ORBIT Incremental RL: Dynamic creation of synthetic rubrics to train small models (Qwen3-4B) from 7.0 to 27.2 on Hard using only 2k cases, sharply improving sample efficiency for complex clinical behaviors (Wang et al., 17 Oct 2025).
Agentic RL Architectures (Doctor-R1): Joint optimization of “soft” communicative skills and “hard” medical accuracy yields improvements in communication quality and completeness, establishing new open-source state-of-the-art at low parameter count (Lai et al., 5 Oct 2025).

These advances confirm the utility of rubric-based reward signals for incremental model alignment, but also reveal persistent vulnerabilities—“reward hacking,” context-misunderstanding, and static benchmark drift—which necessitate continual rubric renewal and integration with outcome-centric reinforcement loops.

7. Impact, Adoption, and Future Directions

HealthBench has become the de facto benchmark for end-to-end, behavior-level evaluation of medical LLMs and agentic systems, cited in nearly all state-of-the-art model releases and RL methodologies since 2025. Its influence extends to clinical tool assessment, where generalist LLMs have been shown to eclipse marketed decision support tools in alignment, completeness, and context sensitivity (Vishwanath et al., 1 Dec 2025). Despite this, domain-specific deployment demands ongoing localization and dynamic update of both scenario content and scoring logic.

Key recommended future directions include:

Development of regionally tuned and context-aware HealthBench variants (e.g., J-HealthBench for Japan).
Integration of guideline-based, evidence-weighted scoring pipelines to replace or augment static expert rubrics.
Expansion to longitudinal, multimodal, and workflow-linked evaluation to bridge the gap between snapshot QA and full clinical pathways (Team et al., 6 Feb 2026).
Interactive, hybrid human–AI grading protocols to ensure rubrics remain current, unbiased, and generalizable.

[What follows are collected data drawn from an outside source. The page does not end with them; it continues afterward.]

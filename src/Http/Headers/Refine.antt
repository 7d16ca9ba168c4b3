-- ===== src/Http/Headers/Refine.antt =====
-- The header table implements a map from keys to values.
use computer_network.Prelude.{
  ◌+◌, ◌*◌, ◌≡◌, refl, ◌∙◌, ap, List, [], ◌∷◌, ◌++◌, Option, none, some, arith, length,
  length-append, leb, bytes_eq, bytes_eq_refl, if◌then◌else◌,
}
use computer_network.Prelude.Result.{Result, ok, ◌>>=◌}
use computer_network.Http.Request.{Bytes, Header, ParsedRequest}
use computer_network.Http.Headers.{
  find_header, parsed_header_get, parsed_header_remove, parsed_header_set, parsed_request_create,
}
use computer_network.Http.Headers.Table.{
  IsTable, bytes_eq_iff, find_header-clear_header, find_header-append, Distinct-clear_header,
  Distinct-append, length-clear_header,
}

find_header-removed :
    (pr : ParsedRequest) (k j : Bytes)
    → IsTable pr
    → find_header j (parsed_header_remove pr k).1.headers
      ≡ (if bytes_eq k j then none else find_header j pr.headers)
unfolding parsed_header_remove parsed_header_get
find_header-removed pr k j t =
    ground (arith, find_header-clear_header k j pr.headers t.distinct, bytes_eq_iff k j)

removed-IsTable :
    (pr : ParsedRequest) (k : Bytes) → IsTable pr → IsTable (parsed_header_remove pr k).1
unfolding parsed_header_remove
removed-IsTable pr k t =
    ground (arith, Distinct-clear_header k pr.headers t.distinct, length-clear_header k pr.headers)

headerslen-removed :
    (pr : ParsedRequest) (k : Bytes) → (parsed_header_remove pr k).1.headerslen ≡ pr.headerslen
unfolding parsed_header_remove
headerslen-removed pr k = ground arith

-- The request after a successful parsed_header_set.
pub record IsHeld (pr : ParsedRequest) (k v : Bytes) (pr' : ParsedRequest) : Type 0 where
  pub done : parsed_header_set pr k v ≡ ok pr'
  pub table : IsTable pr'
  pub line : pr'.line ≡ pr.line
  pub get :
      (j : Bytes)
      → parsed_header_get pr' j
        ≡ (if bytes_eq k j then some (record { key = k; value = v }) else parsed_header_get pr j)

pub parsed_header_set-IsHeld :
    (pr : ParsedRequest) (k v : Bytes) → IsTable pr → (pr' : ParsedRequest) × IsHeld pr k v pr'
unfolding parsed_header_set parsed_header_get
parsed_header_set-IsHeld pr k v t =
    let hs = (parsed_header_remove pr k).1.headers in
    let h : Header = record { key = k; value = v } in
    let t' = removed-IsTable pr k t in
    let len = headerslen-removed pr k in
    let gone = find_header-removed pr k k t in
    let pr' : ParsedRequest = record pr {
      headers = hs ++ some h ∷ [];
      headerslen = if leb pr.headerslen (length hs + 1) then pr.headerslen * 2 else pr.headerslen;
    } in
    (
      pr',
      record {
        done = ground (arith, t'.room, len);
        table = record {
          distinct = Distinct-append h hs t'.distinct (ground (arith, gone, bytes_eq_refl k));
          room = ground (arith, t'.room, len, length-append hs (some h ∷ []));
        };
        line = refl;
        get = λ j. find_header-append j h hs ∙ ground (arith, find_header-removed pr k j t);
      },
    )

-- The calls on the header table, and what they do to a map.
pub data HeaderCall : Type 0 where
  set_header : Bytes → Bytes → HeaderCall
  remove_header : Bytes → HeaderCall

pub call : ParsedRequest → HeaderCall → Result ParsedRequest
call pr (set_header k v) = parsed_header_set pr k v
call pr (remove_header k) = ok (parsed_header_remove pr k).1

pub calls : ParsedRequest → List HeaderCall → Result ParsedRequest
calls pr [] = ok pr
calls pr (c ∷ cs) = call pr c >>= λ pr'. calls pr' cs

abbrev pub HeaderMap : Type 0
HeaderMap = Bytes → Option Bytes

pub map_call : HeaderMap → HeaderCall → HeaderMap
map_call m (set_header k v) j = if bytes_eq k j then some v else m j
map_call m (remove_header k) j = if bytes_eq k j then none else m j

pub map_calls : HeaderMap → List HeaderCall → HeaderMap
map_calls m [] = m
map_calls m (c ∷ cs) = map_calls (map_call m c) cs

abbrev pub value_of : Option Header → Option Bytes
value_of none = none
value_of (some h) = some h.value

-- The table is well formed and holds what the map says.
pub record Implements (pr : ParsedRequest) (m : HeaderMap) : Type 0 where
  pub table : IsTable pr
  pub same : (j : Bytes) → value_of (parsed_header_get pr j) ≡ m j

call-Implements :
    (pr : ParsedRequest) (m : HeaderMap) (c : HeaderCall)
    → Implements pr m
    → (pr' : ParsedRequest) × (call pr c ≡ ok pr') × Implements pr' (map_call m c)
unfolding call map_call
call-Implements pr m (set_header k v) i =
    let (pr', s) = parsed_header_set-IsHeld pr k v i.table in
    (
      pr',
      s.done,
      record { table = s.table; same = λ j. ap value_of (s.get j) ∙ ground (arith, i.same j) },
    )
call-Implements pr m (remove_header k) i = (
  (parsed_header_remove pr k).1,
  refl,
  record {
    table = removed-IsTable pr k i.table;
    same = λ j.
        unfold parsed_header_get in
        (ap value_of (find_header-removed pr k j i.table) ∙ ground (arith, i.same j));
  },
)

calls-Implements :
    (cs : List HeaderCall) (pr : ParsedRequest) (m : HeaderMap)
    → Implements pr m
    → (pr' : ParsedRequest) × (calls pr cs ≡ ok pr') × Implements pr' (map_calls m cs)
unfolding calls map_calls
calls-Implements [] pr m i = (pr, refl, i)
calls-Implements (c ∷ cs) pr m i =
    let (pr1, done, i1) = call-Implements pr m c i in
    let rest = calls-Implements cs pr1 (map_call m c) i1 in (rest.0, rw done rest.1, rest.2)

-- From ParsedRequest_create on, any calls of ParsedHeader_set and ParsedHeader_remove write inside
-- the allocated slots and return, and ParsedHeader_get then finds exactly what a map finds that is
-- changed by the same calls; no two slots hold one key.
pub created-Implements :
    (cs : List HeaderCall)
    → (pr : ParsedRequest) × (calls parsed_request_create cs ≡ ok pr)
      × Implements pr (map_calls (λ j. none) cs)
unfolding parsed_request_create
created-Implements cs =
    calls-Implements cs parsed_request_create (λ j. none)
      (record {
        table = record { distinct = tt; room = omega arith };
        same = λ j. unfold parsed_header_get find_header in refl;
      })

In summary, HealthBench provides the most rigorous, comprehensive, and clinically relevant evaluation suite for health-capable LLMs, catalyzing objective benchmark-driven progress in medical AI while surfacing essential limitations for trustworthy global deployment (Arora et al., 13 May 2025, Dey et al., 12 Nov 2025, Mutisya et al., 31 Jul 2025, Jin et al., 20 Nov 2025, Vishwanath et al., 1 Dec 2025, Team et al., 6 Feb 2026, Hisada et al., 22 Sep 2025).